→ Task to carry out: Would you restate, exactly as they appear, the lines from the one containing "let m2 : ℕ →" through the end of the data below?

→ Records to process:
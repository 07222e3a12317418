-- ===== src/Scheduler/Created.antt =====
-- src/thread/thread.rs: how a thread is made, and that it starts at its entry point.
use molt_os.Prelude.{ℕ, Checked, ok, ◌>>=◌}
use molt_os.Cpu.Stack.{
  KernelStack, stack_size, with_size, write_fields, init_context, default_fields,
}
use molt_os.Scheduler.Thread.{Thread, next_id}

-- `Thread::with_stack_size`, given where the heap puts the stack and the context: the thread, its
-- stack, the counter of identifiers and memory.
unfoldable pub with_stack_size :
    ℕ → ℕ → ℕ → ℕ → ℕ → (ℕ → ℕ) → Checked (Thread × KernelStack × ℕ × (ℕ → ℕ))
with_stack_size start ctx entry_point stack_bytes counter m = do
  let (stack, m1) = with_size start stack_bytes m
  let m2 : ℕ → ℕ = write_fields ctx default_fields m1
  m3 ← init_context stack ctx entry_point m2
  let (id, counter') = next_id counter
  ok (record { id = id; context = ctx }, stack, counter', m3)

-- `Thread::new`.
abbrev pub new : ℕ → ℕ → ℕ → ℕ → (ℕ → ℕ) → Checked (Thread × KernelStack × ℕ × (ℕ → ℕ))
new start ctx entry_point counter m = with_stack_size start ctx entry_point stack_size counter m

→ Expected answer:
  let m2 : ℕ → ℕ = write_fields ctx default_fields m1
  m3 ← init_context stack ctx entry_point m2
  let (id, counter') = next_id counter
  ok (record { id = id; context = ctx }, stack, counter', m3)

-- `Thread::new`.
abbrev pub new : ℕ → ℕ → ℕ → ℕ → (ℕ → ℕ) → Checked (Thread × KernelStack × ℕ × (ℕ → ℕ))
new start ctx entry_point counter m = with_stack_size start ctx entry_point stack_size counter m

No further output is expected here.